Matter Farmers (part 2 of 3)

I love words, but I don’t care about words. They haven’t been around long enough to articulate what I’m saying here.

With no design or diagram, after so much, not actually that much, time, atoms have formed so many intertwining biochemical attractions that the molecules and organelle clusters developed autonomous motor functions, even such simple actions as swimming generally left, or right, and eventually, growing beyond osmosis, eating and digesting one another to feed the internal combustion fusion engine.
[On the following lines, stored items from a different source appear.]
-- ===== src/Fat/Unlink.antt =====
-- ATS/myfat/fat_dir.c: taking the entries of a file out of its directory.
pub mod Wipe
pub mod Removed
pub mod Gone
use ats_ldd.Base.{
  ℕ, zero, suc, ◌+◌, ◌-◌, ◌*◌, ◌/◌, ◌%◌, ◌^◌, Bool, true, false, List, [], ◌∷◌, Result, ok, err,
  oops, Errno, eio, Option, none, some, if◌then◌else◌, ◌==◌,
}
use ats_ldd.Fat.Volume.{Geometry, Device, blocksize, store}
use ats_ldd.Fat.Cluster.{FatInode}
use ats_ldd.Fat.Dir.{
  Disk, Fetched, entry, no_entry, crashed, SlotInfo, entry_size, deleted_flag, fat_get_entry,
}

-- What ends the change of a directory: `fat_sync_inode`, whose answer is not looked at, or
-- `mark_inode_dirty`.
pub data Flush : Type 0 where
  sync_inode mark_dirty : Flush

-- The fields of a directory's inode that the change of its entries writes.
pub record Stamp : Type 0 where
  pub i_version : ℕ
  pub i_mtime : ℕ
  pub i_atime : ℕ
  pub flushes : List Flush

-- `de->name[0] = DELETED_FLAG` for the entry `e` of block `b`.
unfoldable pub delete : (ℕ → ℕ → ℕ) → ℕ → ℕ → ℕ → ℕ → ℕ
delete m b e = store m b (e * entry_size) deleted_flag

-- From an entry of block `b` to the end of the block, which is `left` entries away; and how many of
-- the entries remain.
pub wipe_up : (ℕ → ℕ → ℕ) → ℕ → ℕ → ℕ → ℕ → (ℕ → ℕ → ℕ) × ℕ
wipe_up m b e zero nr = (m, nr)
wipe_up m b e (suc left) zero = (m, 0)
wipe_up m b e (suc left) (suc nr) = wipe_up (delete m b e) b (e + 1) left nr

-- Down from the last of the first `n` entries of block `b`.
pub wipe_down : (ℕ → ℕ → ℕ) → ℕ → ℕ → ℕ → (ℕ → ℕ → ℕ) × ℕ
wipe_down m b zero nr = (m, nr)
wipe_down m b (suc e) zero = (m, 0)
wipe_down m b (suc e) (suc nr) = wipe_down (delete m b e) b e nr

-- `mark_buffer_dirty_inode`, and `sync_dirty_buffer` for a directory that asks for it.
unfoldable pub mark : Disk → ℕ → Disk
mark k b = record k { marks = b ∷ k.marks }

unfoldable pub sync_dir : Device → FatInode → ℕ → Option Errno
sync_dir d dir b = if dir.is_dirsync then d.sync_dirty b else none

-- Each round takes an entry at least, so that the rounds are at most the entries.
pub __fat_remove_entries : Device → Geometry → ℕ → Disk → FatInode → ℕ → ℕ → Result ℕ × Disk
unfolding wipe_up
__fat_remove_entries d g rounds k dir pos zero = (ok 0, k)
__fat_remove_entries d g zero k dir pos (suc nr) = (oops, k)
__fat_remove_entries d g (suc rounds) k dir pos (suc nr) =
    let (f, k') = fat_get_entry d g k dir (record { pos = pos; here = none }) in
    elim f [
      | no_entry p ↦ (err eio, k')
      | crashed ↦ (oops, k')
      | entry c ↦ elim (c.here) [
        | none ↦ (oops, k')
        | some (b, o) ↦
            let (m, left) =
              wipe_up k'.byte b (o / entry_size) ((blocksize g - o) / entry_size) (suc nr) in
            let k2 = mark (record k' { byte = m }) b in
            let rest =
              __fat_remove_entries d g rounds k2 dir
                (c.pos + (suc nr - left) * entry_size - entry_size) left in
            elim (sync_dir d dir b) [ some e ↦ (err e, k2) | none ↦ rest ]
      ]
    ]

-- `CURRENT_TIME_SEC` is an argument. The second stage's error is only printed.
unfoldable pub fat_remove_entries :
    Device → Geometry → ℕ → Disk → FatInode → Stamp → SlotInfo → Result ℕ × Disk × Stamp
unfolding wipe_down
fat_remove_entries d g now k dir st s =
    let (m, left) = wipe_down k.byte s.here.0 (s.here.1 / entry_size + 1) s.nr_slots in
    let k1 = mark (record k { byte = m }) s.here.0 in
    let version = (st.i_version + 1) % 2 ^ 64 in
    let (r, k2) =
      if left == 0 then (ok 0, k1) else __fat_remove_entries d g left k1 dir s.slot_off left in
    let stamped : Stamp = record {
      i_version = version;
      i_mtime = now;
      i_atime = now;
      flushes = (if dir.is_dirsync then sync_inode else mark_dirty) ∷ st.flushes;
    } in
    elim (sync_dir d dir s.here.0) [
      | some e ↦ (err e, k1, st)
      | none ↦ elim r [
        | ok n ↦ (ok 0, k2, stamped)
        | err e ↦ (ok 0, k2, stamped)
        | oops ↦ (oops, k2, st)
      ]
    ]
After more time, those building blocks interbreed and intermingle to a frightening scale of complexity and independent decision making and unimaginable size and self-centered ferocity.

There is no thing alive that was not the daydream of electrons. Farming fields all on their own, splitting and tilling until it sustained a shadowless light that had only ever flickered on and off before.

Somehow, the dramatic complexity of our lives also exists on an atomic level.

Matter Farmers (1 of 3)

I have a theory. I am a stupid man. The only understanding I have ever glimpsed has been peering through the prism of analogy. Big metaphor. Dense simile.

Electrons are matter-farmers. 

Protons and neutrons only seem to exist in the center of a negatively charged cloud of frustrated energy, that has a pull, and a power, a gravity, and all existence as we know it, life especially, is a sort of sustained state of fusion. When we split an atom, the world will never forget what happens. Einstein theorized that if an entity could catch up to the speed of light, it would not necessarily feel like it was moving very fast, but more like time itself was standing still. 

That’s consciousness. The materials you and I are made of are moving at the speed of light. The energy we call our minds is as well, slowed through organic tubes and carbon based wiring inspired by them, but to the speed of light, nonetheless. Energy is motion. It is movement. Our thoughts are happening at the speed of light, at the very speed limit of time, yet it feels like we are sitting still. Feels like we’re not moving at all. We quiet ourselves to the rushing of the wind and slowly our senses are invaded by the ever flowing headwaters that fill our heads, and bodies, and the timekeeper ticker zapped by brain lightning into hyper dutiful obedience, all the way to flapping eye covers and growing new hair and salivating and literally every single internal life saving organ function.